Тот смотрел на фотографию, не двигаясь, не пытаясь ее взять. С коричневого потускневшего картона с серьезным и спокойным высокомерием смотрел мальчик лет десяти, сидящий верхом на пони.
— Он вообще все время ездил верхом. Даже в церковь (тогда я регулярно ходил в церковь. Я до сих пор хожу иногда, даже сейчас). Пришлось даже нанять слугу специально, чтобы… — Он задумчиво смотрел на фото. — После смерти его матери я больше не женился. А моя мать всегда хворала. Я мог выпросить у нее все что угодно. Я мог уговорить ее отпустить меня босиком в сад под присмотром двух слуг, которые предупредили бы меня о приближении тетушек… Обычно я возвращался в дом, довольный собой, блистательно доказав свое мужество, но мое торжество продолжалось только до тех пор, пока я не входил в комнату, где она ждала меня.

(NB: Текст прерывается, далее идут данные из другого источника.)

-- ===== src/Timer.antt =====
-- src/timer/mod.rs: the statics that ticks advance, and the divisor of the PIT. The port and
-- register accesses of the PIT and the HPET are device input and output and not modelled.
use delta_os.Base.{ℕ, ◌*◌, ◌/◌, Bool, Option, none, some, if◌then◌else◌, ltb, ◌==◌}
use delta_os.Base.Word.{add64}
pub mod Uptime

pub record Timer : Type 0 where
  pub tick_count : ℕ
  pub timer_hz : ℕ
  pub uptime_ms : ℕ

abbrev pub start_up : Timer
start_up = record { tick_count = 0; timer_hz = 100; uptime_ms = 0 }

abbrev pub pit_base_freq : ℕ
pit_base_freq = 1193182

-- The divisor that `Pit::init` programs.
unfoldable pub divisor : ℕ → ℕ
divisor frequency_hz =
    if frequency_hz == 0
    then 0xFFFF
    else if ltb 65535 (pit_base_freq / frequency_hz)
    then 65535
    else if ltb (pit_base_freq / frequency_hz) 1
    then 1
    else pit_base_freq / frequency_hz

unfoldable pub pit_init : Timer → ℕ → Timer
pit_init t frequency_hz = record t { timer_hz = frequency_hz }

-- The division panics at a frequency of 0: then none.
unfoldable pub on_timer_tick : Timer → Option Timer
on_timer_tick t =
    if t.timer_hz == 0
    then none
    else some (record t {
      tick_count = add64 t.tick_count 1;
      uptime_ms = add64 t.uptime_ms (1000 / t.timer_hz);
    })

unfoldable pub uptime_sec : Timer → ℕ
uptime_sec t = t.uptime_ms / 1000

Я знал, что за каждую пылинку на моих ногах, за полученное мной удовольствие она будет платить мгновениями своей жизни. И мы, бывало, сидели в сумерках, как двое детей, она, держа мою руку и тихо плача, пока тетушки не входили в комнату с лампой.
— Ну, София. Опять плачешь. Скажи, в какую историю ты ему позволила втянуть себя на этот раз?
Она умерла, когда мне было четырнадцать; лишь к двадцати восьми я нашел себя и выбрал жену по своему вкусу; мне было тридцать семь, когда родился мой сын. — Он смотрел на фотографию, его глаза были полузакрыты, мешки под глазами испещрены бесчисленными морщинками, тонкими, как на гравюре. — Он все время ездил верхом. Это портрет их обоих, ведь они были неразлучны. Я имел обыкновение пользоваться этой фотографией как закладкой в фолиантах, где его и мою родословную можно проследить в наших американских анналах до десятого колена. И, по мере того как непрочитанных страниц оставалось все меньше, у меня возникало чувство, будто я своими глазами вижу, как он во плоти скачет по длинной дороге, по которой уже странствовала его кровь, прежде чем она влилась в его жилы. — Судья по-прежнему держал в руке фотокарточку. Другой рукой он взял сигарету. Она совсем растрепалась; он приподнял ее немного, а потом застыл, будто не осмеливаясь поднести к губам. — Я жду вашего слова. Я поверю вам.
— Идите, ищите своего сына, — сказал тот. — Идите, ищите его.
На этот раз судья даже не шевельнулся. Держа фотографию и расползающуюся сигарету, он сидел неподвижно, казалось, вообще не дыша, в каком-то страшном оцепенении.
— Ия найду? Я найду его?
Тот не отвечал. Тогда судья повернулся и посмотрел на него, сигарета совсем развалилась, и табак посыпался на вычищенные, блестящие ботинки.
— Это и есть ваше слово? Я сказал вам, что поверю.
Тот сидел, глядя под ноги, серый, неподвижный, почти бесплотный.
— Ступайте. Вы не можете оставить это так. Не можете.
По дорожке мимо них все время шли люди. Прошла женщина, неся ребенка и корзинку, молодая женщина в скромном, поношенном, но аккуратном чепце. Она повернула к мужчине, которого Мазершед назвал Ингерсоллом, свое простое, ясное, приветливое лицо и что-то сказала ему приятным, спокойным голосом. Потом она приветливо посмотрела на судью, в ее прямом взгляде не было самоуверенности, но не было и застенчивости, и прошла дальше.
— Ступайте. Вы не можете. Это невозможно.